The technology has yet to be tested in human patients, but its success in dogs makes it ready for clinical trials, according to the researchers.

Endoscopic surgical methods have the advantage of reduced postoperative pain and a faster recovery. However, the two-dimensional ultrasound imaging now available offers surgeons only a limited view, which can impede their depth perception and make such procedures difficult to master.

"Our ultrasound device could really advance the use of minimally invasive surgery," Smith said. "By allowing surgeons to essentially see through the body to the site of interest in three dimensions, the scanner could make such surgeries easier to perform and eventually more precise." Such surgeries also might be cheaper and less traumatic as they could be performed in less time and, in some cases, without the need of general anesthesia, he said.

Duke developed the first 3D ultrasound scanner in 1987 for imaging the heart from outside the body.
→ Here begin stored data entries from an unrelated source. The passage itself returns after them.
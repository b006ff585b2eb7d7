-- ===== src/ClosedLoop/Rounds.antt =====
-- closed_loop.py: any number of rounds.
use fpga_pi_parallel_nids.Prelude.{
  ℕ, zero, suc, ◌^◌, ◌≤◌, ◌<◌, ◌≡◌, refl, sym, ap, ◌∙◌, inl, inr, Bool-cases, false, not, ◌&&◌,
  List, [], ◌∷◌, ◌++◌, map, some, Result, ok, arith, leb, ◌==◌, get_or, length, All, append_nil,
  append_one, append_assoc,
}
use fpga_pi_parallel_nids.Prelude.Bytes.{Bytes, IsByte, zeros}
use fpga_pi_parallel_nids.Control.Commands.{rule_write, read_command}
use fpga_pi_parallel_nids.Control.Frames.{command_frame}
use fpga_pi_parallel_nids.Orchestrator.{lookup_idx, op_snapshot, read_rule_epoch}
use fpga_pi_parallel_nids.Orchestrator.Poll.{AnswersBytes}
use fpga_pi_parallel_nids.Orchestrator.Push.{lookup_idx-same}
use fpga_pi_parallel_nids.Rules.{Rule}
use fpga_pi_parallel_nids.Rules.Laws.{lookup_idx-lt}
use fpga_pi_parallel_nids.SpiLink.{send_frame}
use fpga_pi_parallel_nids.Telemetry.{telemetry_magic}
use fpga_pi_parallel_nids.Telemetry.Received.{decode_snapshot-IsReceived}
use fpga_pi_parallel_nids.Traffic.{has}
use fpga_pi_parallel_nids.ClosedLoop.{
  Arguments, frame, add, poll_snapshot, push, round, rounds, main,
}
use fpga_pi_parallel_nids.ClosedLoop.Talk.{
  Exchange, Talks, over, unready, passed, pushed, rule_of, IsDistinct, rules_sent, slot_and_rule,
  Talks-IsDistinct, Talks-rules_sent,
}

-- A record of the exchanges: each transfer adds its own, and the wait adds none.
pub record IsRecord {W : Type 0} (xfer2 : W → Bytes → W × Bytes) (sleep : W → W)
    (log : W → List Exchange) : Type 0 where
  pub transfer : (w : W) (f : Bytes) → log (xfer2 w f).0 ≡ log w ++ ((f, (xfer2 w f).1) ∷ [])
  pub pause : (w : W) → log (sleep w) ≡ log w

length-frame : length (frame op_snapshot []) ≡ 32
unfolding frame
length-frame = refl

module _ {W : Type 0} (xfer2 : W → Bytes → W × Bytes) (sleep : W → W) (log : W → List Exchange)
    (link : AnswersBytes xfer2) (record_of : IsRecord xfer2 sleep log) where
  -- Two exchanges in a row.
  two_logged :
      (w : W) (f g : Bytes)
      → log (xfer2 (xfer2 w f).0 g).0
        ≡ log w ++ ((f, (xfer2 w f).1) ∷ (g, (xfer2 (xfer2 w f).0 g).1) ∷ [])
  two_logged w f g =
      record_of.transfer (xfer2 w f).0 g
      ∙ (ap (λ l. l ++ ((g, (xfer2 (xfer2 w f).0 g).1) ∷ [])) (record_of.transfer w f)
          ∙ append_one (log w) (f, (xfer2 w f).1) ((g, (xfer2 (xfer2 w f).0 g).1) ∷ []))

  -- The round before a talk.
  two_before :
      (old : List Exchange) (x y : Exchange) (talk : List Exchange)
      → (old ++ (x ∷ y ∷ [])) ++ talk ≡ old ++ (x ∷ y ∷ talk)
  two_before [] x y talk = refl
  two_before (z ∷ old) x y talk = ap (λ l. z ∷ l) (two_before old x y talk)

  four_logged :
      (w : W) (f g h k : Bytes)
      → let w2 = (xfer2 (xfer2 w f).0 g).0 in
        log (xfer2 (xfer2 w2 h).0 k).0
        ≡ log w
          ++ ((f, (xfer2 w f).1)
              ∷ (g, (xfer2 (xfer2 w f).0 g).1)
              ∷ (h, (xfer2 w2 h).1)
              ∷ (k, (xfer2 (xfer2 w2 h).0 k).1)
              ∷ [])
  four_logged w f g h k =
      let w2 = (xfer2 (xfer2 w f).0 g).0 in
      let later : List Exchange = (h, (xfer2 w2 h).1) ∷ (k, (xfer2 (xfer2 w2 h).0 k).1) ∷ [] in
      two_logged w2 h k ∙ (ap (λ l. l ++ later) (two_logged w f g) ∙ two_before (log w) _ _ later)

  poll_total :
      (w : W)
      → let w1 = (xfer2 w (frame op_snapshot [])).0 in
        (poll_snapshot xfer2 sleep w ≡ ok (xfer2 w1 (zeros 32)))
        × (length (xfer2 w1 (zeros 32)).1 ≡ 32)
        × All IsByte (xfer2 w1 (zeros 32)).1
  unfolding poll_snapshot send_frame
  poll_total w =
      let w1 = (xfer2 w (frame op_snapshot [])).0 in
      (
        ground (arith, length-frame),
        link.answer_length w1 (zeros 32),
        link.answer_bytes w1 (zeros 32),
      )

  module _ (epoch : ℕ) (args : Arguments) where
    push_total :
        (w : W) (seen : List ℕ) (key : ℕ)
        → key < 2 ^ 32
        → has seen key ≡ false
        → (f : Bytes) × (push xfer2 sleep w epoch args seen key
            ≡ ok ((xfer2 (xfer2 w f).0 (zeros 32)).0, seen ++ (key ∷ [])))
          × (read_command f ≡ some (rule_write (lookup_idx key) (rule_of args epoch key)))
    unfolding push send_frame add
    push_total w seen key small fresh =
        let rule : Rule = record {
          src_ip = key;
          action = args.action;
          severity = args.severity;
          epoch = epoch;
        } in
        let (f, e, r, size) =
          command_frame (rule_write (lookup_idx key) rule)
            (ground (arith, lookup_idx-same key, lookup_idx-lt key)) in
        (f, ground (arith, e, size, fresh), r)

    -- The outcome of `n` rounds: they return, and what was exchanged is such a talk.
    abbrev Ends : ℕ → List ℕ → W → Result (W × List ℕ) → Type 0
    Ends n seen w r =
        (w1 : W) × (after : List ℕ) × (talk : List Exchange) × (r ≡ ok (w1, after))
        × (log w1 ≡ log w ++ talk)
        × Talks args epoch n seen talk after

    -- A first round that ends in `w1` with the set `next`, and the rounds behind it.
    abbrev Leads : ℕ → List ℕ → W → Result (W × List ℕ) → Type 0
    Leads n seen w r =
        (w1 : W) × (next : List ℕ) × (first : List Exchange) × (r ≡ ok (w1, next))
        × (log w1 ≡ log w ++ first)
        × ((after : List ℕ) (talk : List Exchange)
            → Talks args epoch n next talk after
            → Talks args epoch (suc n) seen (first ++ talk) after)

    round_total :
        (n : ℕ) (w : W) (seen : List ℕ) → Leads n seen w (round xfer2 sleep w epoch args seen)
    unfolding round
    round_total n w seen =
        let (e, size, bytes) = poll_total w in
        let (wa, a) = xfer2 w (frame op_snapshot []) in
        let (w1, rx) = xfer2 wa (zeros 32) in
        let asked = two_logged w (frame op_snapshot []) (zeros 32) in
        let first : List Exchange = (frame op_snapshot [], a) ∷ (zeros 32, rx) ∷ [] in
        elim (Bool-cases (get_or rx 0 0 == telemetry_magic)) [
          | inr m ↦ (
            sleep w1,
            seen,
            first,
            rw (e, m) refl,
            record_of.pause w1 ∙ asked,
            λ after talk rest. unready a rx m rest,
          )
          | inl m ↦
              let (s, r, received) = decode_snapshot-IsReceived rx size bytes (ground arith) in
              elim (Bool-cases (leb args.trigger s.top1_count && not (has seen s.top1_key))) [
                | inr t ↦ (
                  sleep w1,
                  seen,
                  first,
                  rw (e, m, r, t) refl,
                  record_of.pause w1 ∙ asked,
                  λ after talk rest. passed a rx s m r t rest,
                )
                | inl t ↦
                    let fresh : has seen s.top1_key ≡ false = ground arith in
                    let (f, p, reads) = push_total w1 seen s.top1_key received.key_bits fresh in
                    let (wb, b) = xfer2 w1 f in
                    let (w2, c) = xfer2 wb (zeros 32) in
                    (
                      sleep w2,
                      seen ++ (s.top1_key ∷ []),
                      (frame op_snapshot [], a) ∷ (zeros 32, rx) ∷ (f, b) ∷ (zeros 32, c) ∷ [],
                      rw (e, m, r, t, p) refl,
                      record_of.pause w2
                          ∙ four_logged w (frame op_snapshot []) (zeros 32) f (zeros 32),
                      λ after talk rest. pushed a rx f b c s m r (ground arith) fresh reads rest,
                    )
              ]
        ]

    rounds_total :
        (n : ℕ) (w : W) (seen : List ℕ) → Ends n seen w (rounds xfer2 sleep n w epoch args seen)
    unfolding rounds
    rounds_total zero w seen = (w, seen, [], refl, sym (append_nil (log w)), over seen)
    rounds_total (suc n) w seen =
        let (w1, next, first, e, asked, leads) = round_total n w seen in
        let (w2, after, talk, r, told, rest) = rounds_total n w1 next in
        (
          w2,
          after,
          first ++ talk,
          rw (e, r) refl,
          told ∙ (ap (λ l. l ++ talk) asked ∙ append_assoc (log w) first talk),
          leads after talk rest,
        )

    -- The loop pushes what it should, for as long as it runs: on a link that answers as many bytes
    -- as it is given, whatever they are, once the rule epoch is read any number `n` of rounds
    -- returns. What was exchanged is then a talk of `n` rounds, in each of which a rule is sent
    -- exactly when the answer is a snapshot whose top talker meets the trigger and has no rule yet;
    -- the rules that the board was sent are those of the sources in the final set, in order, each
    -- for the slot of its source's hash and of the epoch that was read; and no source has two.
    pub main_total :
        (n : ℕ) (w w1 : W)
        → read_rule_epoch xfer2 w ≡ ok (w1, epoch)
        → (w2 : W) × (after : List ℕ) × (talk : List Exchange) × (main xfer2 sleep n w args
            ≡ ok (w2, after))
          × (log w2 ≡ log w1 ++ talk)
          × Talks args epoch n [] talk after
          × (rules_sent talk ≡ map (slot_and_rule args epoch) after)
          × IsDistinct after
          × (length after ≤ n)
    unfolding main
    main_total n w w1 read =
        let (w2, after, talk, r, told, talks) = rounds_total n w1 [] in
        let (new, same, sent, few) = Talks-rules_sent talks in
        (
          w2,
          after,
          talk,
          rw (read, r) refl,
          told,
          talks,
          sent ∙ ap (map (slot_and_rule args epoch)) (sym same),
          Talks-IsDistinct talks tt,
          omega (arith, few, ap length same),
        )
As technology enabled ever smaller ultrasound arrays, the researchers engineered probes that could fit inside catheters threaded through blood vessels to image the vasculature and heart from the inside out.

The current advance relies on 500 tiny cables and sensors packed into a tube 12 millimeters in diameter -- the size required to fit into surgical instruments, called trocars, that surgeons use to allow easy exchange of laparoscopic tools. By comparison, most two-dimensional ultrasound probes use just 64 cables.

"It's a feat of technology and craftsmanship to build these devices," Smith said. "More cables translate into better image quality. The scanners achieve a 3D moving image instantaneously, with no reconstruction."